“Not exactly,” she said; “but Mr. Griffin has quick discernment, and is unhesitating in action. He saw someone about to—make himself, let us say, unpleasant—and he moved promptly. I am glad of this chance to thank him.”
Mark hoped she would not try. The heavily lashed eyes of violet blue, under the graceful arches, were doing that splendidly. Mark was uneasy under the gaze of them, but strangely glad. He wanted to go and yet to stay; but he knew that it was proper to go.
Father Murray walked with him to the end of the lawn.
“There was nothing serious in the matter to which Miss Atheson referred, Mr. Griffin?” he said. “No one offered insult?” He was plainly anxious.
“Not at all,” answered Mark. “I think the man only wanted to stare. I gave him a chance to stare at me—and at the water. That is all.”
Father Murray looked relieved as he clasped Mark’s hand.
“Good-bye,” he said. “Come to see me again. I am usually alone. Come often. The latch-string is where you can reach it.”
In the street Mark met Saunders, but this time it was the agent who wanted to talk.
“How did you like the Padre?” he began.
“Splendid. Thank you for the meeting.”
“Did you see the lady who went in?”
“Yes; I was introduced.”
“Well,” the agent was confused, “I don’t see why not after all. Did you see her face?”
“She had on a veil.”
“Of course; she always has. She was the woman who passed us on the bluff road.”
“You saw her, then?”
“Yes, I saw her; but not close enough to know whether—”
“I think she is someone I know. Are you coming back to the hotel?”

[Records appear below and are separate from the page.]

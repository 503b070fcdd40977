-- ===== src/Commands/Inbox.antt =====
-- src/parse.c: the loop of `parse_all_client_messages` over the messages of one client.
pub mod Emptied
use secoli_sced.Action.{pure, gets, unless_null, ◌>>=◌, ◌>>◌}
use secoli_sced.Base.{Bytes, ℕ, zero, suc, Bool, Option, if◌then◌else◌, none, some}
use secoli_sced.Client.{
  Client, ClientPointer, client_get_message, client_get_destroy, client_reset_elapsed_time,
}
use secoli_sced.Commands.Dispatch.{parse_message}
use secoli_sced.Search.{Glib}
use secoli_sced.World.{World, Host, Do, client_of, set_client}
use secoli_sced.Xsqlite.{Sqlite}

-- There is no message left, the client is to be destroyed, which the caller of the loop does by
-- `sock_destroy_client_socket`, or a handler has called `exit`. `unfinished` is for the fuel.
pub data Outcome : Type 0 where
  drained destroyed exited unfinished : Outcome

module _ (S : Sqlite) (G : Glib) (H : Host G) where
  -- The client that a call leaves, whose address does not change.
  abbrev put_client : ClientPointer G → Do S G (Unit {0})
  put_client c = unless_null c (pure tt) (set_client S G)

  unfoldable pub take_message : Do S G (Option Bytes)
  unfolding client_get_message unless_null ◌>>=◌
  take_message =
      client_of S G >>= λ c. let r = client_get_message G (some c) in put_client r.1 >> pure r.0

  -- What follows a call of `parse_message`.
  unfoldable pub after_message : Do S G Outcome → Do S G Outcome
  unfolding client_get_destroy client_reset_elapsed_time unless_null ◌>>=◌
  after_message next = gets (λ w. w.has_exited) >>= λ has_exited.
      if has_exited
      then pure exited
      else (client_of S G >>= λ c.
          if client_get_destroy G (some c)
          then pure destroyed
          else (put_client (client_reset_elapsed_time G (some c)).1 >> next))

  -- In round `n`, counted down, `memory n` is what xmalloc returns for the arguments.
  unfoldable pub handle_messages : (ℕ → Option Bytes) → ℕ → Do S G Outcome
  unfolding take_message after_message parse_message unless_null ◌>>=◌
  handle_messages memory zero = pure unfinished
  handle_messages memory (suc n) = take_message >>= λ str.
      unless_null str (pure drained) (λ message.
        parse_message S G H (memory n) message >>= λ _. after_message (handle_messages memory n))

That night, tossing in bed, Mark Griffin found the lady of the tree occupying the center of his thoughts. He had to acknowledge to himself the simple truth, that she interested him more than any other woman he had ever seen; and he had a vague idea that he had met her before—but where? He was wise enough to know where such interest would ultimately lead him. The more he worried about it, the more a cause for worry it became. The very idea was foolish. He had seen her twice, had spoken to her once. Yes, she was charming; but he had known others almost as charming and he had not even been interested. Now he might go deeper—and what of the risks?
Saunders was certainly shadowing the woman. The town constable was constantly with him, seemingly ready to make an arrest the moment the detective was sure of his ground. It was easy to figure that out. Worse than all, the woman was afraid—or why the veil? Why the secret door through a tree? Why her embarrassment when she faced the danger of having the detective see her face?